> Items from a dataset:

§ §

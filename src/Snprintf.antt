-- ===== src/Snprintf.antt =====
-- libc/stdio/snprintf.c. The buffer is in memory; the format and the strings among the arguments are
-- lists of the bytes before the NUL, apart from the buffer. `written`, an `int`, is held as the
-- `size_t` that it is converted to. A round of the loop is a value of `Round`.
pub mod Rounds
pub mod Safety
pub mod Text
pub mod Stored
pub mod Equivalence
mod Tests
use doomkernel.Prelude.{
  ℕ, zero, suc, ◌+◌, ◌-◌, ◌%◌, ◌^◌, Bool, true, false, not, ◌&&◌, ◌||◌, Option, none, some, List,
  [], ◌∷◌, ltb, ◌==◌, if◌then◌else◌, length, take, drop,
}
use doomkernel.Prelude.Int.{ℤ, pos, negsuc}
use doomkernel.Memory.{Memory, add64, store8}
use doomkernel.Printf.{Arg, word, text, next_char}

-- the loop over `i`, from the address of `buffer[written]`; its result is always `true`
unfoldable pub write_to_buffer : Memory → ℕ → List ℕ → Memory
write_to_buffer m a [] = m
write_to_buffer m a (c ∷ bytes) = write_to_buffer (store8 m a c) (a + 1) bytes

pub data Answer : Type 0 where
  answer : Memory → ℤ → Answer
  unspecified : Answer

-- a round ends the call, or goes on with the state of the loop
pub data Round : Type 0 where
  ended : Answer → Round
  goes_on : Memory → ℕ → List ℕ → List Arg → Round

-- while (format[amount] && format[amount] != '%' && amount < limit) amount++;
unfoldable pub bounded_run : ℕ → ℕ → List ℕ → ℕ
bounded_run limit amount [] = amount
bounded_run limit amount (c ∷ format) =
    let more = bounded_run limit (amount + 1) format in
    if not (c == b'%') && ltb amount limit then more else amount

-- An assignment to `written` keeps the low 32 bits, and the sign of the `int` fills the upper half of the
-- `size_t`.
unfoldable pub narrow : ℕ → ℕ
narrow n = let low = n % 2 ^ 32 in if ltb low (2 ^ 31) then low else low + (2 ^ 64 - 2 ^ 32)

-- the `int` that is returned
unfoldable pub as_int : ℕ → ℤ
as_int n = if ltb n (2 ^ 63) then pos n else negsuc (2 ^ 64 - 1 - n)

module _ (buffer limit : ℕ) where
  -- &buffer[written]
  abbrev pub place : ℕ → ℕ
  place written = add64 buffer written

  -- buffer[written] = '\0'; return -1;
  unfoldable pub give_up : Memory → ℕ → Round
  give_up m written = ended (answer (store8 m (place written) 0) (negsuc 0))

  -- the text is written unless it is longer than `maxrem`
  unfoldable pub put_text : Memory → ℕ → List ℕ → List ℕ → List Arg → Round
  unfolding give_up write_to_buffer narrow
  put_text m written bytes format args =
      if ltb (limit - written) (length bytes)
      then give_up m written
      else goes_on (write_to_buffer m (place written) bytes) (narrow (written + length bytes))
          format args

  unfoldable pub put_plain : Memory → ℕ → List ℕ → List Arg → Round
  unfolding give_up write_to_buffer bounded_run narrow
  put_plain m written format args =
      let amount = bounded_run limit 1 (drop 1 format) in
      if ltb (limit - written) amount
      then give_up m written
      else goes_on (write_to_buffer m (place written) (take amount format))
          (narrow (written + amount)) (drop amount format) args

  unfoldable pub put_char : Memory → ℕ → List ℕ → List Arg → Round
  unfolding give_up write_to_buffer narrow
  put_char m written format [] = ended unspecified
  put_char m written format (text s ∷ args) = ended unspecified
  put_char m written format (word w ∷ args) =
      if limit - written == 0
      then give_up m written
      else goes_on (write_to_buffer m (place written) (w % 256 ∷ [])) (narrow (written + 1)) format
          args

  unfoldable pub put_string : Memory → ℕ → List ℕ → List Arg → Round
  unfolding put_text
  put_string m written format [] = ended unspecified
  put_string m written format (word w ∷ args) = ended unspecified
  put_string m written format (text s ∷ args) = put_text m written s format args

  -- the text behind a '%' that is not doubled; there is no "%x" and no "%d"
  unfoldable pub put_directive : Memory → ℕ → List ℕ → List Arg → Round
  unfolding put_char put_string put_text
  put_directive m written format args =
      if next_char format == b'c'
      then put_char m written (drop 1 format) args
      else if next_char format == b's'
      then put_string m written (drop 1 format) args
      else put_text m written (b'%' ∷ format) [] args

  unfoldable pub finish_text : Memory → ℕ → Round
  unfolding as_int
  finish_text m written = ended (answer (store8 m (place written) 0) (as_int written))

  unfoldable pub snprintf_step : Memory → ℕ → List ℕ → List Arg → Round
  unfolding put_plain put_directive finish_text
  snprintf_step m written [] args = finish_text m written
  snprintf_step m written (c ∷ format) args =
      if not (ltb written limit)
      then finish_text m written
      else if not (c == b'%')
      then put_plain m written (c ∷ format) args
      else if next_char format == b'%'
      then put_plain m written format args
      else put_directive m written format args

  -- on fuel; `none` means that it ran out
  unfoldable pub snprintf_loop : ℕ → Memory → ℕ → List ℕ → List Arg → Option Answer
  unfolding snprintf_step
  snprintf_loop zero m written format args = none
  snprintf_loop (suc fuel) m written format args = elim (snprintf_step m written format args) [
    | ended a ↦ some a
    | goes_on m' written' format' args' ↦ snprintf_loop fuel m' written' format' args'
  ]

-- Each round uses up a part of the format.
unfoldable pub snprintf : Memory → ℕ → ℕ → List ℕ → List Arg → Option Answer
unfolding snprintf_loop
snprintf m buffer value format args =
    if value == 0
    then some (answer m (pos 0))
    else snprintf_loop buffer (value - 1) (suc (length format)) m 0 format args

§ §

> Assignment:
Your task is to reproduce the entries exactly, starting at the first line and ending with the line containing "-- lists of".

> Written response:
filename src/Snprintf.antt
-- ===== src/Snprintf.antt =====
-- libc/stdio/snprintf.c. The buffer is in memory; the format and the strings among the arguments are
-- lists of the bytes before the NUL, apart from the buffer. `written`, an `int`, is held as the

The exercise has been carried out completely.